### TASK DETAILS
The entries that follow include a run beginning at the line with "(λ f m. (field" and ending at the line with "not-IsTarget miss t"; restate that run word for word and leave the rest out.

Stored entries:
※ ※ ※
-- ===== src/SafeDrop/CheckBugs/Dangling.antt =====
-- `exist_dead` and `is_dangling` decide whether a dead node can be reached.
use rapx_log.Prelude.{
  ℕ, zero, suc, ◌≤◌, ◌<◌, ◌≡◌, refl, sym, ◌∙◌, ap, subst, ◌≢◌, ◌⊎◌, inl, inr, ◌↔◌, ◌==◌, Bool, true,
  false, not, Bool-cases, some, List, [], length, get_elem?, get_elem?-some, contains,
  contains-insert, insert, Outcome, ok, Within, unseen, unseen-le, unseen-lt, unseen-nil, arith,
}
use mathlib.Core.Bool.{false≢true}
use mathlib.Core.List.{Memᴰ}
use native.Mathlib.Decide.{ℕ_discrete}
use rapx_log.SafeDrop.UnionFind.Alone.{union_has_alias-alone}
use rapx_log.SafeDrop.UnionFind.Roots.{Root, Root-lt}
use rapx_log.SafeDrop.State.{ValueNode, SafeDropGraph}
use rapx_log.SafeDrop.CheckBugs.{
  Visit, or_visit, visit_aliases, visit_fields, visit_node, is_target, exist_dead, search_fuel,
  is_dangling,
}
use rapx_log.SafeDrop.CheckBugs.Edges.{
  IsWalkable, Edge, alias, field, Reach, here, step, IsTarget, Hits,
}
use rapx_log.SafeDrop.CheckBugs.Search.{
  Post, Post-refl, Good, hit, clear, or_visit-Good, Rec, visit_aliases-Good, visit_fields-Good,
}

module _ (g : SafeDropGraph) (dangling : Bool) (walkable : IsWalkable g) where
  Reach-cons : {i j k : ℕ} → Edge g i j → Reach g j k → Reach g i k
  Reach-cons e here = step here e
  Reach-cons e (step w f) = step (Reach-cons e w) f

  Good-hit :
      {M : ℕ → Type 0} {H K : Type 0} {r : List ℕ} {o : Outcome (Bool × List ℕ)}
      → (H → K)
      → Good g dangling r M H o
      → Good g dangling r M K o
  Good-hit f (hit s e h) = hit s e (f h)
  Good-hit f (clear s e p m) = clear s e p m

  -- The visit of a node that is no target, from what its parts have seen.
  finish :
      (s : List ℕ) (i : ℕ) {M : ℕ → Type 0} {H : Type 0} {o : Outcome (Bool × List ℕ)}
      → ¬ IsTarget g dangling i
      → ((y : ℕ) → Edge g i y → M y)
      → Good g dangling (insert s i) M H o
      → Good g dangling s (λ x. x ≡ i) H o
  finish s i miss edges (hit t e h) = hit t e h
  finish s i miss edges (clear t e p m) =
      clear t e
        (record {
          grows = λ x h. p.grows x ((contains-insert s i x).1 (inl h));
          clean = λ x h k. elim (ℕ_discrete x i) [
            | yes same ↦ subst (λ z. ¬ IsTarget g dangling z) (sym same) miss
            | no other ↦ p.clean x h (fresh x k other)
          ];
          closed = λ x y h k edge. elim (ℕ_discrete x i) [
            | yes same ↦ m y (edges y (subst (λ z. Edge g z y) same edge))
            | no other ↦ p.closed x y h (fresh x k other) edge
          ];
        })
        (λ x same. p.grows x ((contains-insert s i x).1 (inr same)))
    where
      fresh : (x : ℕ) → contains s x ≡ false → x ≢ i → contains (insert s i) x ≡ false
      fresh x k ne = ground (arith, contains-insert s i x)

  progress :
      (s : List ℕ) (i : ℕ)
      → i < length g.values
      → contains s i ≡ false
      → unseen (length g.values) (insert s i) < unseen (length g.values) s
  progress s i lt new =
      unseen-lt (length g.values) s (insert s i) i (λ x h. (contains-insert s i x).1 (inl h)) lt new
        ((contains-insert s i i).1 (inr refl))

  rec_of :
      (fuel i : ℕ)
      → ((j : ℕ) (t : List ℕ)
          → j < length g.values
          → contains t j ≡ false
          → unseen (length g.values) t ≤ fuel
          → Good g dangling t (λ x. x ≡ j) (Hits g dangling j) (exist_dead fuel g dangling j t))
      → Rec g dangling fuel (exist_dead fuel g dangling) (Edge g i) (Hits g dangling i)
  unfolding Rec
  rec_of fuel i visit j t edge lt new room =
      Good-hit (λ (k, w, target). (k, Reach-cons edge w, target)) (visit j t lt new room)

  module _ (fuel : ℕ) (rec : ℕ → Visit) (i : ℕ) (v : ValueNode) (s : List ℕ)
      (at_i : get_elem? g.values i ≡ some v)
      (good : Rec g dangling fuel rec (Edge g i) (Hits g dangling i))
      (room : unseen (length g.values) (insert s i) ≤ fuel)
      (in_range : i < length g.alias_set) where
    fields-Good :
        (t : List ℕ)
        → Within (insert s i) t
        → Good g dangling t
            (λ x. (idx : ℕ) × Memᴰ (idx, x) v.fields)
            (Hits g dangling i)
            (visit_fields rec v.fields t)
    fields-Good t w =
        visit_fields-Good g dangling fuel rec (Edge g i) (Hits g dangling i) good v.fields t
          (λ f m. (field v f.0 at_i m, walkable.fields i v f at_i m))
          (omega (arith, unseen-le (length g.values) (insert s i) t w))

    field_edge :
        (w : ValueNode) (idx y : ℕ)
        → get_elem? g.values i ≡ some w
        → Memᴰ (idx, y) w.fields
        → Memᴰ (idx, y) v.fields
    field_edge w idx y e m =
        let same : w ≡ v = ground arith in subst (λ u. Memᴰ (idx, y) u.fields) same m

    not-IsTarget : is_target dangling v ≡ false → ¬ IsTarget g dangling i
    not-IsTarget miss t =
        let same : t.node ≡ v = ground (arith, t.found) in
        false≢true (sym miss ∙ subst (λ u. is_target dangling u ≡ true) same t.hit)

    -- Which nodes the loop over the alias set visits.
    abbrev Aliased : ℕ → Type 0
    Aliased y =
        (0 ≤ y) × (y < length g.alias_set) × ((r : ℕ) × Root g.alias_set y r × Root g.alias_set i r)

    edges :
        (M : ℕ → Type 0)
        → ((y r : ℕ) → Root g.alias_set i r → Root g.alias_set y r → M y)
        → (y : ℕ) → Edge g i y
        → M y ⊎ ((idx : ℕ) × Memᴰ (idx, y) v.fields)
    edges M aliases y (alias r wi wy) = inl (aliases y r wi wy)
    edges M aliases y (field w idx e m) = inr (idx, field_edge w idx y e m)

    visit_aliased :
        ¬ IsTarget g dangling i
        → Good g dangling s
            (λ x. x ≡ i)
            (Hits g dangling i)
            (or_visit
              (visit_aliases rec g.alias_set i (length g.alias_set) 0)
              (visit_fields rec v.fields)
              (insert s i))
    visit_aliased miss =
        finish s i miss
          (edges Aliased (λ y r wi wy. (omega arith, Root-lt g.alias_set wy, (r, wy, wi))))
          (or_visit-Good g dangling (visit_aliases rec g.alias_set i (length g.alias_set) 0)
            (visit_fields rec v.fields) (insert s i)
            (visit_aliases-Good g dangling fuel rec (Edge g i) (Hits g dangling i) good g.alias_set
              i walkable.forest walkable.size in_range (λ j r wj wi. alias r wi wj)
              (length g.alias_set) 0 (insert s i) (omega arith) room)
            (λ t p. fields-Good t p.grows))

    visit_single :
        ¬ IsTarget g dangling i
        → ((x r : ℕ) → x ≢ i → Root g.alias_set i r → Root g.alias_set x r → ⊥)
        → Good g dangling s
            (λ x. x ≡ i)
            (Hits g dangling i)
            (or_visit (λ seen. ok (false, seen)) (visit_fields rec v.fields) (insert s i))
    visit_single miss alone =
        finish s i miss
          (edges (λ y. y ≡ i)
            (λ y r wi wy. elim (ℕ_discrete y i) [
              | yes e ↦ e
              | no ne ↦ absurd (alone y r ne wi wy)
            ]))
          (or_visit-Good g dangling (λ seen. ok (false, seen)) (visit_fields rec v.fields)
            (insert s i)
            (clear (insert s i) refl (Post-refl g dangling (insert s i))
              (λ x e. (contains-insert s i x).1 (inr e)))
            (λ t p. fields-Good t p.grows))

    visit_node-Good :
        Good g dangling s (λ x. x ≡ i) (Hits g dangling i) (visit_node rec g dangling i v s)
    unfolding visit_node
    visit_node-Good =
        let (b, run, iff) = union_has_alias-alone g.alias_set i walkable.forest in_range in
        elim (Bool-cases (is_target dangling v)) [
          | inl found ↦
              rw found (hit s refl (i, here, record { node = v; found = at_i; hit = found }))
          | inr miss ↦ elim (Bool-cases b) [
            | inl aliased ↦ rw (miss, run ∙ ap ok aliased) (visit_aliased (not-IsTarget miss))
            | inr single ↦
                rw (miss, run ∙ ap ok single)
                  (visit_single (not-IsTarget miss)
                    (λ x r ne wi wx. false≢true (sym single ∙ iff.1 (x, r, ne, wi, wx))))
          ]
        ]

  -- A visit returns with a target that can be reached, or leaves the node and all that can be reached
  -- from it seen and without a target.
  exist_dead-Good :
      (fuel i : ℕ) (s : List ℕ)
      → i < length g.values
      → contains s i ≡ false
      → unseen (length g.values) s ≤ fuel
      → Good g dangling s (λ x. x ≡ i) (Hits g dangling i) (exist_dead fuel g dangling i s)
  unfolding exist_dead
  exist_dead-Good zero i s lt new room = absurd (omega (arith, progress s i lt new))
  exist_dead-Good (suc fuel) i s lt new room =
      let (v, e) = get_elem?-some g.values i lt in
      let good : Rec g dangling fuel (exist_dead fuel g dangling) (Edge g i) (Hits g dangling i) =
        rec_of fuel i (λ j t jt jn jr. exist_dead-Good fuel j t jt jn jr) in
      rw (e, exist_dead)
        (visit_node-Good fuel (exist_dead fuel g dangling) i v s e good
          (omega (arith, progress s i lt new)) (omega (arith, walkable.size)))

  -- What has been seen without a hit holds all that can be reached.
  Reach-seen :
      (i k : ℕ) (s : List ℕ)
      → Post g dangling [] s
      → contains s i ≡ true
      → Reach g i k
      → contains s k ≡ true
  Reach-seen i k s p h here = h
  Reach-seen i k s p h (step {j} {k = l} w e) = p.closed j l (Reach-seen i j s p h w) refl e

  pub exist_dead-decides :
      (i : ℕ)
      → i < length g.values
      → (b : Bool) × (s : List ℕ) × (exist_dead (search_fuel g) g dangling i [] ≡ ok (b, s))
        × ((b ≡ true) ↔ Hits g dangling i)
  exist_dead-decides i lt =
      elim (exist_dead-Good (search_fuel g) i [] lt refl
        (omega (arith, unseen-nil (length g.values)))) [
          | hit s e h ↦ (true, s, e, (λ _. h, λ _. refl))
          | clear s e p m ↦ (
            false,
            s,
            e,
            (
              λ h. cc,
              λ (t, w, target). absurd (p.clean t (Reach-seen i t s p (m i refl) w) refl target),
            ),
          )
        ]

-- On a walkable graph `is_dangling` returns for every value in range, and it says yes exactly when
-- a dead value can be reached from it through aliases and fields; for a value other than the return
-- value, a dead pointer.
pub is_dangling-decides :
    (g : SafeDropGraph) (local : ℕ)
    → IsWalkable g
    → local < length g.values
    → (b : Bool) × (is_dangling g local ≡ ok b) × ((b ≡ true) ↔ Hits g (not (local == 0)) local)
unfolding is_dangling
is_dangling-decides g local walkable lt =
    let (b, s, e, iff) = exist_dead-decides g (not (local == 0)) walkable local lt in
    (b, rw (e, is_dangling), iff)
※ ※ ※
### SOLUTION TO THIS PROBLEM
          (λ f m. (field v f.0 at_i m, walkable.fields i v f at_i m))
          (omega (arith, unseen-le (length g.values) (insert s i) t w))

    field_edge :
        (w : ValueNode) (idx y : ℕ)
        → get_elem? g.values i ≡ some w
        → Memᴰ (idx, y) w.fields
        → Memᴰ (idx, y) v.fields
    field_edge w idx y e m =
        let same : w ≡ v = ground arith in subst (λ u. Memᴰ (idx, y) u.fields) same m

    not-IsTarget : is_target dangling v ≡ false → ¬ IsTarget g dangling i
    not-IsTarget miss t =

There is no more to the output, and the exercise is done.